15:00 3168.   Analysis of vascular function by DCE-MRI in a human endothelial cell derived angiogenesis model in mice under anti- and pro-angiogenic treatment 
Claudia Weidensteiner1, Wilfried Reichardt2, Oliver Siedentopf3, Ralph Graeser3, and Holger Weber3
1MR Development and Application Center, University Medical Center Freiburg, Freiburg, Germany, 2Department of Radiology/Medical Physics, University Medical Center Freiburg, Freiburg, Germany, 3ProQinase GmbH, Freiburg, Germany

 
Vascular function under treatment was studied with dynamic contrast enhanced MRI (DCE-MRI) in a new in vivo angiogenesis model. Luciferase-transduced human endothelial cells embedded in a Matrigel matrix formed a functional neovasculature when implanted into mice.
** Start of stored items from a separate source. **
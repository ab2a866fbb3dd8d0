-- ===== src/Client/Session/Release.antt =====
-- Whatever ends a connection of the client, the ingest lock is free and the subscription is gone.
use tidegauge_backend.Prelude.{
  String, List, [], ◌∷◌, Bool, true, false, Option, none, some, ◌≡◌, refl, inl, inr, ◌⊎◌,
}
use tidegauge_backend.Prelude.Int.{ℤ}
use tidegauge_backend.Types.{Error, UnixMs, StringMapMap, DataTime, RowIdItemStatus}
use tidegauge_backend.Wire.{StationMessage, DataPoint, server_hello}
use tidegauge_backend.Exec.{Exec, Result, ok, err, modify, ◌>>=◌, ◌>>◌, deferred, attempt, continue}
use tidegauge_backend.Exec.Keeps.{
  Keeps, keeps_rules, bind-Keeps, if-Keeps, pure-Keeps, attempt-Keeps,
}
use tidegauge_backend.Client.{Deps, Link, recv, received, send_main_frame, sent}
use tidegauge_backend.Client.Codec.{SendMsg, build_realtime_frame}
use tidegauge_backend.Client.Replay.{
  send_replay_data, send_replay_status, replay_devices, replay_items, replay_rows, flush_full,
  flush_rest, reading, send_logs,
}
use tidegauge_backend.Client.Latest.{Latest, recv_latest, recv_latest_frames, took}
use tidegauge_backend.Client.Session.{
  Event, context_done, frames_ended, commands_ended, published, broker_closed, ended, after_forward,
  forward_realtime_data, send_built, realtime, catch_up, after_replay_data, after_replay_status,
  subscribed_part, run_on_conn, expect_server_hello, set_lock, set_subscribed,
}

-- Both as they were.
record Same (locked subscribed : Bool) (s : Link) : Type 0 where
  lock : s.ingest_locked ≡ locked
  topic : s.subscribed ≡ subscribed

module _ {a b : Bool} where
  received-Same : (l : List StationMessage) → Keeps (Same a b) (received l)
  unfolding received
  received-Same [] = record { at = λ s h. h }
  received-Same (x ∷ l) = record { at = λ s h. record { lock = h.lock; topic = h.topic } }

  recv-Same : Keeps (Same a b) recv
  unfolding recv
  recv-Same = record { at = λ s h. (received-Same s.inbox).at s h }

  sent-Same : (frame : StationMessage) (l : List (Option Error)) → Keeps (Same a b) (sent frame l)
  unfolding sent
  sent-Same frame [] = record { at = λ s h. record { lock = h.lock; topic = h.topic } }
  sent-Same frame (none ∷ l) = record { at = λ s h. record { lock = h.lock; topic = h.topic } }
  sent-Same frame (some e ∷ l) = record { at = λ s h. record { lock = h.lock; topic = h.topic } }

  send-Same : (frame : StationMessage) → Keeps (Same a b) (send_main_frame frame)
  unfolding send_main_frame
  send-Same frame = record { at = λ s h. (sent-Same frame s.faults).at s h }

  reading-Same : {A : Type 0} (r : Result A) → Keeps (Same a b) (reading r)
  reading-Same r = record { at = λ s h. h }

  inbox-Same :
      (rest : List StationMessage)
      → Keeps (Same a b) (modify (λ (s : Link). record s { inbox = rest }))
  unfolding modify
  inbox-Same rest = record { at = λ s h. record { lock = h.lock; topic = h.topic } }

  took-Same : (o : Error ⊎ Latest) → Keeps (Same a b) (took o)
  took-Same (inl e) = search keeps_rules
  took-Same (inr l) = search keeps_rules

ruleset same_rules = (keeps_rules, recv-Same, send-Same, reading-Same, inbox-Same, took-Same)

module _ {a b : Bool} where
  recv_latest-Same :
      (frames : List StationMessage) (l : Latest) → Keeps (Same a b) (recv_latest frames l)
  unfolding recv_latest
  recv_latest-Same [] l = search same_rules
  recv_latest-Same (f ∷ fs) l = if-Keeps _ _ _ (pure-Keeps l) (
      bind-Keeps _ _ (inbox-Same fs)
        (λ _. bind-Keeps _ _ (took-Same _) (λ l'. recv_latest-Same fs l')))

  recv_latest_frames-Same : Keeps (Same a b) recv_latest_frames
  unfolding recv_latest_frames
  recv_latest_frames-Same = search (same_rules, recv_latest-Same)

  flush_full-Same : (ps : List DataPoint) → Keeps (Same a b) (flush_full ps)
  unfolding flush_full
  flush_full-Same ps = search same_rules

  replay_rows-Same :
      (name : String) (ps : List DataPoint) (ds : List DataTime)
      → Keeps (Same a b) (replay_rows name ps ds)
  unfolding replay_rows
  replay_rows-Same name ps [] = pure-Keeps ps
  replay_rows-Same name ps (d ∷ ds) =
      bind-Keeps _ _ (flush_full-Same _) (λ left. replay_rows-Same name left ds)

  replay_items-Same :
      (deps : Deps) (latest : List (String × UnixMs)) (ps : List DataPoint)
      (items : List (String × String))
      → Keeps (Same a b) (replay_items deps latest ps items)
  unfolding replay_items
  replay_items-Same deps latest ps [] = pure-Keeps ps
  replay_items-Same deps latest ps ((t, name) ∷ rest) = bind-Keeps _ _ (reading-Same _) (λ ds.
      bind-Keeps _ _ (replay_rows-Same name ps ds)
        (λ left. replay_items-Same deps latest left rest))

  replay_devices-Same :
      (deps : Deps) (latest : List (String × UnixMs)) (ps : List DataPoint) (devices : StringMapMap)
      → Keeps (Same a b) (replay_devices deps latest ps devices)
  unfolding replay_devices
  replay_devices-Same deps latest ps [] = pure-Keeps ps
  replay_devices-Same deps latest ps ((d, items) ∷ rest) =
      bind-Keeps _ _ (replay_items-Same deps latest ps items)
        (λ left. replay_devices-Same deps latest left rest)

  flush_rest-Same : (ps : List DataPoint) → Keeps (Same a b) (flush_rest ps)
  unfolding flush_rest
  flush_rest-Same ps = search same_rules

  send_replay_data-Same :
      (deps : Deps) (latest : List (String × UnixMs))
      → Keeps (Same a b) (send_replay_data deps latest)
  unfolding send_replay_data
  send_replay_data-Same deps latest = search (same_rules, replay_devices-Same, flush_rest-Same)

  send_logs-Same : (logs : List RowIdItemStatus) → Keeps (Same a b) (send_logs logs)
  unfolding send_logs
  send_logs-Same [] = search same_rules
  send_logs-Same (l ∷ ls) = search same_rules

  send_replay_status-Same :
      (deps : Deps) (row_id : ℤ) → Keeps (Same a b) (send_replay_status deps row_id)
  unfolding send_replay_status
  send_replay_status-Same deps row_id = search (same_rules, send_logs-Same)

module _ {a b : Bool} where
  send_built-Same : (o : Option StationMessage) → Keeps (Same a b) (send_built o)
  unfolding send_built
  send_built-Same none = pure-Keeps tt
  send_built-Same (some f) = send-Same f

  forward-Same : (msg : Option SendMsg) → Keeps (Same a b) (forward_realtime_data msg)
  unfolding forward_realtime_data
  forward-Same none = pure-Keeps tt
  forward-Same (some msg) = send_built-Same (build_realtime_frame msg)

  ended-Same : (o : Option Error) → Keeps (Same a b) (ended o)
  unfolding ended
  ended-Same none = pure-Keeps tt
  ended-Same (some e) = search same_rules

  after_forward-Same :
      (next : Exec Link Unit) (r : Result {0} Unit)
      → Keeps (Same a b) next
      → Keeps (Same a b) (after_forward next r)
  unfolding after_forward
  after_forward-Same next (ok _) k = k
  after_forward-Same next (err e) k = if-Keeps _ _ _ (pure-Keeps tt) k

  realtime-Same : (events : List Event) → Keeps (Same a b) (realtime events)
  unfolding realtime
  realtime-Same [] = pure-Keeps tt
  realtime-Same (context_done e ∷ rest) = search same_rules
  realtime-Same (frames_ended e ∷ rest) = ended-Same (some e)
  realtime-Same (commands_ended (some done) result ∷ rest) = search same_rules
  realtime-Same (commands_ended none result ∷ rest) = ended-Same result
  realtime-Same (broker_closed ∷ rest) = pure-Keeps tt
  realtime-Same (published msg ∷ rest) =
      attempt-Keeps _ _ (forward-Same msg) (λ r. after_forward-Same _ r (realtime-Same rest))

  hello-Same : (m : StationMessage) → Keeps (Same a b) (expect_server_hello m)
  unfolding expect_server_hello
  hello-Same (server_hello _) = search same_rules
  hello-Same _ = search same_rules

-- A replay under the lock leaves the lock held and no subscription.
abbrev locked : Link → Link
locked s = record s { ingest_locked = true }

locked-Same : (s : Link) → s.subscribed ≡ false → Same true false (locked s)
locked-Same s quiet = record { lock = refl; topic = quiet }

-- What the catch-up leaves: after an error both are released, and otherwise the lock is held and the
-- subscription is entered.
abbrev CaughtUp : Result {0} Unit → Link → Type 0
CaughtUp (ok u) s = Same true true s
CaughtUp (err e) s = Same false false s

after_replay_status-CaughtUp :
    (r : Result {0} Unit) (s : Link)
    → Same true false s
    → CaughtUp (after_replay_status r s).0 (after_replay_status r s).1
unfolding after_replay_status ◌>>=◌ set_lock set_subscribed modify
after_replay_status-CaughtUp (err e) s h = record { lock = refl; topic = h.topic }
after_replay_status-CaughtUp (ok u) s h = record { lock = h.lock; topic = refl }

after_replay_data-CaughtUp :
    (deps : Deps) (row_id : ℤ) (r : Result {0} Unit) (s : Link)
    → Same true false s
    → CaughtUp (after_replay_data deps row_id r s).0 (after_replay_data deps row_id r s).1
unfolding after_replay_data ◌>>=◌ set_lock modify attempt
after_replay_data-CaughtUp deps row_id (err e) s h = record { lock = refl; topic = h.topic }
after_replay_data-CaughtUp deps row_id (ok u) s h =
    after_replay_status-CaughtUp (send_replay_status deps row_id s).0
      (send_replay_status deps row_id s).1 ((send_replay_status-Same deps row_id).at s h)

catch_up-CaughtUp :
    (deps : Deps) (items : List (String × ℤ)) (row_id : ℤ) (s : Link)
    → s.subscribed ≡ false
    → CaughtUp (catch_up deps items row_id s).0 (catch_up deps items row_id s).1
unfolding catch_up ◌>>=◌ set_lock modify attempt
catch_up-CaughtUp deps items row_id s quiet =
    after_replay_data-CaughtUp deps row_id (send_replay_data deps items (locked s)).0
      (send_replay_data deps items (locked s)).1
      ((send_replay_data-Same deps items).at (locked s) (locked-Same s quiet))

-- What runs from `IngestLock.Lock()` on.
abbrev locked_part : Deps → List (String × ℤ) → ℤ → List Event → Exec Link Unit
locked_part deps items row_id events = do
  catch_up deps items row_id
  deferred (set_subscribed false) (subscribed_part events)

released :
    (events : List Event) (r : Result {0} Unit) (s : Link)
    → CaughtUp r s
    → Same false false
        (continue r (λ u. deferred (set_subscribed false) (subscribed_part events)) s).1
unfolding subscribed_part ◌>>=◌ deferred set_lock set_subscribed modify
released events (err e) s h = h
released events (ok u) s h = record {
  lock =
      ((realtime-Same events).at (record s { ingest_locked = false })
        (record { lock = refl; topic = h.topic })).lock;
  topic = refl;
}

locked_part-Same :
    (deps : Deps) (items : List (String × ℤ)) (row_id : ℤ) (events : List Event)
    → Keeps (Same false false) (locked_part deps items row_id events)
unfolding ◌>>=◌
locked_part-Same deps items row_id events = record {
  at = λ s h.
      released events (catch_up deps items row_id s).0 (catch_up deps items row_id s).1
        (catch_up-CaughtUp deps items row_id s h.topic);
}

-- Whatever the server sends, the local database and the broker give and the sends do, and however
-- `runOnConn` ends: a connection that begins with the ingest lock free and without a subscription
-- leaves the lock free and no subscription behind.
pub run_on_conn-released :
    (identifier : String) (deps : Deps) (events : List Event) (s : Link)
    → s.ingest_locked ≡ false
    → s.subscribed ≡ false
    → ((run_on_conn identifier deps events s).1.ingest_locked ≡ false)
      × ((run_on_conn identifier deps events s).1.subscribed ≡ false)
unfolding run_on_conn
run_on_conn-released identifier deps events s unlocked quiet =
    let keeps = bind-Keeps _ _ (send-Same _) (λ _. bind-Keeps _ _ recv-Same (λ first.
      bind-Keeps _ _ (hello-Same first) (λ _. bind-Keeps _ _ (send-Same _) (λ _.
        bind-Keeps _ _ recv_latest_frames-Same
          (λ latest. locked_part-Same deps latest.items latest.row_id events))))) in
    let same = keeps.at s (record { lock = unlocked; topic = quiet }) in (same.lock, same.topic)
DCE-MRI showed differences in perfusion after treatment with different compounds and antibodies. This was compared to bioluminescence imaging and classical immunohistochemistry. Anti-angiogenic treatment decreased the fitted transfer constants and areas under the enhancement curves in the Matrigel plugs as compared to controls which indicated a decreased perfusion while angiogenesis-stimulating treatment showed the opposite effect.